In recent years, since the official peace talks have ground to a halt, civil dialogue continued and became one of the main channels through which the sides were linked.
However, powerful nationalistic propaganda machines work against peacebuilding. Revanchist and military rhetoric has become widespread in recent years through the targeted introduction of enemy images into people's consciousness. For example, even the idea that it is genetically impossible for Armenians and Azerbaijanis to live side by side has been aired.
Members of the younger generation who have no experience of inter-ethnic interaction (since the societies became mono-ethnic as a result of the war in the early 90s) are particularly vulnerable to propaganda. Many of them see the other side as demonised, abstract, and not possessing the same human qualities as themselves. Thus it becomes easier to justify one's readiness to fight and hurt this "other".
When we confer undesirable qualities on our enemy, then it can be straightforward to want to fight them. But in turn, this phenomenon allows internal and external actors who have an interest in war to manipulate individuals, as well as wider society.

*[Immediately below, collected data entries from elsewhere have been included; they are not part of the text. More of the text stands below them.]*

-- ===== src/Durability/Verify.antt =====
-- `verify_integrity`, `verify_run_integrity`, `events`, `rebuild_run` and
-- `rebuild_run_projections` of durability.py.
use aegis_framework_platform.Base.{
  or_default, ℕ, zero, suc, ◌+◌, ◌-◌, String, Bool, true, false, not, ◌&&◌, ◌||◌, Option, none,
  some, List, [], ◌∷◌, ltb, leb, nat_beq, ◌==◌, if◌then◌else◌, contains, string_eq, pair_eq, length,
  take, select, integrity_failure, value_error, Result, ok, err, Action,
}
use aegis_framework_platform.Base.Dict.{Dict, get, put}
use aegis_framework_platform.Runtime.{Runtime}
use aegis_framework_platform.Durability.{
  Durability, ApplicationEvent, RunView, AggregateHead, no_aggregate, TenantHead, no_tenant,
  ProjectionCheckpoint, zero_hash, tenant_events, tenant_head,
}
use aegis_framework_platform.Durability.Reduce.{reduce_run, reduce_runs}
use aegis_framework_platform.Durability.Append.{event_material, material_hash}

-- `events`, whose filters are absent or exact
abbrev pub matches : Option String → String → Bool
matches none value = true
matches (some wanted) value = value == wanted

unfoldable pub events :
    Durability → String → Option String → Option String → ℕ → ℕ → Result (List ApplicationEvent)
events s tenant_id aggregate_type aggregate_id after_cursor limit =
    if ltb limit 1 || ltb 500 limit
    then err value_error
    else ok (
        take limit (
          select
            (λ event.
              ltb after_cursor event.tenant_cursor
              && matches aggregate_type event.aggregate_type
              && matches aggregate_id event.aggregate_id)
            (tenant_events s tenant_id)))

-- The events of one run, oldest first.
abbrev pub is_run_event : String → ApplicationEvent → Bool
is_run_event run_id event = event.aggregate_type == "investigation" && event.aggregate_id == run_id

abbrev pub run_events : Durability → String → String → List ApplicationEvent
run_events s tenant_id run_id = select (is_run_event run_id) (tenant_events s tenant_id)

-- The loop variables of `verify_integrity`.
pub record Scan : Type 0 where
  pub heads : Dict (String × String) AggregateHead
  pub tenant : TenantHead
  pub seen : List String

abbrev pub scan_start : Scan
scan_start = record { heads = []; tenant = no_tenant; seen = [] }

abbrev pub scan_head : Scan → String × String → AggregateHead
scan_head v key = or_default (get key v.heads) no_aggregate

abbrev pub event_key : ApplicationEvent → String × String
event_key event = (event.aggregate_type, event.aggregate_id)

-- What a pass over one accepted event leaves.
abbrev pub advance : Scan → ApplicationEvent → Scan
advance v event = record {
  heads =
      put (event_key event)
        (record { sequence = event.aggregate_sequence; record_hash = event.record_hash }) v.heads;
  tenant = record { cursor = event.tenant_cursor; record_hash = event.record_hash };
  seen = event.event_id ∷ v.seen;
}

-- The loop of `rebuild_run` and the checks around it.
unfoldable pub stored_rebuild :
    String → String → Result (Option RunView) → Action Durability RunView
stored_rebuild tenant_id run_id (err e) s = (err e, s)
stored_rebuild tenant_id run_id (ok none) s = (err integrity_failure, s)
stored_rebuild tenant_id run_id (ok (some view)) s =
    (ok view, record s { runs = put (tenant_id, run_id) view s.runs })

next_version : Option ProjectionCheckpoint → ℕ
next_version none = 1
next_version (some previous) = previous.version + 1

-- The end of `rebuild_run_projections`, which writes the checkpoint of the tenant's head.
unfoldable pub write_checkpoint :
    String
    → Result (Unit {0}) × Dict (String × String) RunView
    → Action Durability ProjectionCheckpoint
unfolding next_version
write_checkpoint tenant_id (err e, runs) s = (err e, record s { runs = runs })
write_checkpoint tenant_id (ok _, runs) s =
    let head = tenant_head s tenant_id in
    let key : String × String = (tenant_id, "investigation-runs") in
    let checkpoint : ProjectionCheckpoint = record {
      tenant_id = tenant_id;
      projection_name = "investigation-runs";
      last_cursor = head.cursor;
      last_event_hash = head.record_hash;
      version = next_version (get key s.projection_checkpoints);
    } in
    (
      ok checkpoint,
      record s {
        runs = runs;
        projection_checkpoints = put key checkpoint s.projection_checkpoints;
      },
    )

-- `verify_run_integrity` places each of the run's events in the tenant's chain by its cursor.
nth : List ApplicationEvent → ℕ → Option ApplicationEvent
nth [] i = none
nth (e ∷ es) zero = some e
nth (e ∷ es) (suc i) = nth es i

hash_or_zero : Option ApplicationEvent → String
hash_or_zero none = zero_hash
hash_or_zero (some e) = e.record_hash

-- `_ZERO_HASH` at the first cursor, and else the hash of the event in front
previous_tenant_hash : List ApplicationEvent → ℕ → String
unfolding nth hash_or_zero
previous_tenant_hash chain cursor =
    if nat_beq cursor 1 then zero_hash else hash_or_zero (nth chain (cursor - 2))

succeeds : Option ApplicationEvent → String → Bool
succeeds none hash = true
succeeds (some successor) hash = successor.tenant_previous_hash == hash

-- The event behind an event names its hash; of the last event the tenant's head does.
is_followed : List ApplicationEvent → TenantHead → ApplicationEvent → Bool
unfolding nth succeeds
is_followed chain head event =
    if ltb event.tenant_cursor (length chain)
    then succeeds (nth chain event.tenant_cursor) event.record_hash
    else head.record_hash == event.record_hash

same_head : Option AggregateHead → Option AggregateHead → Bool
same_head (some stored) (some scanned) =
    nat_beq stored.sequence scanned.sequence && stored.record_hash == scanned.record_hash
same_head _ _ = false

module _ (rt : Runtime) where
  -- The hash that an event must have behind the given hashes.
  unfoldable pub expected_hash : ApplicationEvent → String → String → String
  expected_hash event aggregate_hash tenant_hash = material_hash rt (
      event_material rt event.tenant_id event.aggregate_type event.aggregate_id
        event.aggregate_sequence event.tenant_cursor event.draft aggregate_hash tenant_hash)

  -- The test of `verify_integrity`, read the other way round: what an accepted event satisfies.
  unfoldable pub is_accepted : Scan → ApplicationEvent → Bool
  unfolding expected_hash
  is_accepted v event =
      let aggregate = scan_head v (event_key event) in
      nat_beq event.schema_version 1
      && (not (contains event.event_id v.seen)
          && (nat_beq event.aggregate_sequence (aggregate.sequence + 1)
              && (nat_beq event.tenant_cursor (v.tenant.cursor + 1)
                  && (event.aggregate_previous_hash == aggregate.record_hash
                      && (event.tenant_previous_hash == v.tenant.record_hash
                          && event.record_hash
                            == expected_hash event aggregate.record_hash v.tenant.record_hash)))))

  -- The loop of `verify_integrity`; `none` is `return False`.
  unfoldable pub scan_events : Scan → List ApplicationEvent → Option Scan
  scan_events v [] = some v
  scan_events v (event ∷ rest) =
      if is_accepted v event then scan_events (advance v event) rest else none

  unfoldable pub verify_integrity : Durability → String → Bool
  verify_integrity s tenant_id = elim (scan_events scan_start (tenant_events s tenant_id)) [
    | none ↦ false
    | some _ ↦ true
  ]

  unfoldable pub rebuild_from : String → String → List ApplicationEvent → Action Durability RunView
  unfolding stored_rebuild
  rebuild_from tenant_id run_id [] s = (err value_error, s)
  rebuild_from tenant_id run_id (event ∷ rest) s =
      stored_rebuild tenant_id run_id (reduce_runs rt none (event ∷ rest)) s

  unfoldable pub rebuild_run : String → String → Action Durability RunView
  unfolding rebuild_from
  rebuild_run tenant_id run_id s =
      if not (verify_integrity s tenant_id)
      then (err integrity_failure, s)
      else rebuild_from tenant_id run_id (run_events s tenant_id run_id) s

-- `{key: value for key, value in self._runs.items() if key[0] != tenant_id}`
unfoldable pub without_tenant :
    String → Dict (String × String) RunView → Dict (String × String) RunView
without_tenant tenant_id = select (λ entry. not (entry.0.0 == tenant_id))

module _ (rt : Runtime) where
  -- `_apply_projection_locked`: what raises has stored the projections in front of it
  unfoldable pub apply_projection :
      List ApplicationEvent
      → Dict (String × String) RunView
      → Result (Unit {0}) × Dict (String × String) RunView
  apply_projection [] runs = (ok tt, runs)
  apply_projection (event ∷ rest) runs =
      if not (event.aggregate_type == "investigation")
      then apply_projection rest runs
      else elim (reduce_run rt (get (event.tenant_id, event.aggregate_id) runs) event) [
        | err e ↦ (err e, runs)
        | ok view ↦ apply_projection rest (put (event.tenant_id, event.aggregate_id) view runs)
      ]

  unfoldable pub rebuild_run_projections : String → Action Durability ProjectionCheckpoint
  unfolding apply_projection write_checkpoint
  rebuild_run_projections tenant_id s =
      write_checkpoint tenant_id
        (apply_projection (tenant_events s tenant_id) (without_tenant tenant_id s.runs)) s

  -- The tests of one round, in their order.
  is_placed : List ApplicationEvent → TenantHead → AggregateHead → ApplicationEvent → Bool
  unfolding previous_tenant_hash is_followed expected_hash
  is_placed chain head aggregate event =
      let previous = previous_tenant_hash chain event.tenant_cursor in
      leb 1 event.tenant_cursor
      && leb event.tenant_cursor (length chain)
      && nat_beq event.schema_version 1
      && nat_beq event.aggregate_sequence (aggregate.sequence + 1)
      && event.aggregate_previous_hash == aggregate.record_hash
      && event.tenant_previous_hash == previous
      && event.record_hash == expected_hash rt event aggregate.record_hash previous
      && is_followed chain head event

  unfoldable pub scan_run :
      List ApplicationEvent
      → TenantHead
      → AggregateHead
      → List ApplicationEvent
      → Option AggregateHead
  unfolding is_placed
  scan_run chain head aggregate [] = some aggregate
  scan_run chain head aggregate (event ∷ rest) =
      if is_placed chain head aggregate event
      then scan_run chain head
          (record { sequence = event.aggregate_sequence; record_hash = event.record_hash }) rest
      else none

  unfoldable pub verify_run_integrity : Durability → String → String → ℕ → Result Bool
  unfolding scan_run same_head
  verify_run_integrity s tenant_id run_id maximum_events =
      if ltb maximum_events 1 || ltb 10000 maximum_events
      then err value_error
      else let chain = tenant_events s tenant_id in
        let selected = run_events s tenant_id run_id in
        ok (
          if nat_beq (length selected) 0 || ltb maximum_events (length selected)
          then false
          else same_head (get (tenant_id, ("investigation", run_id)) s.aggregate_heads)
              (scan_run chain (tenant_head s tenant_id) no_aggregate selected))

We should be mindful of the fact that, even after this escalation subsides, it will have long-term consequences in the societies directly affected by the conflict and the wider region, in terms of strengthening the radicalisation of public utterances, private thinking and behavioural norms. The societies in and around the conflict will have received the message loud and clear - that war could break out any day.
In the search for ways out of the situation and the development of mechanisms for peaceful regulation of the conflict, as well as holding talks at the political level, it will be no less important to hold parallel, civic dialogues, led by those people who have already travelled a long and often dangerous path of building trust between the sides, people from the conflict-affected societies who have put enormous efforts to prevent escalation of military action and to promote peace.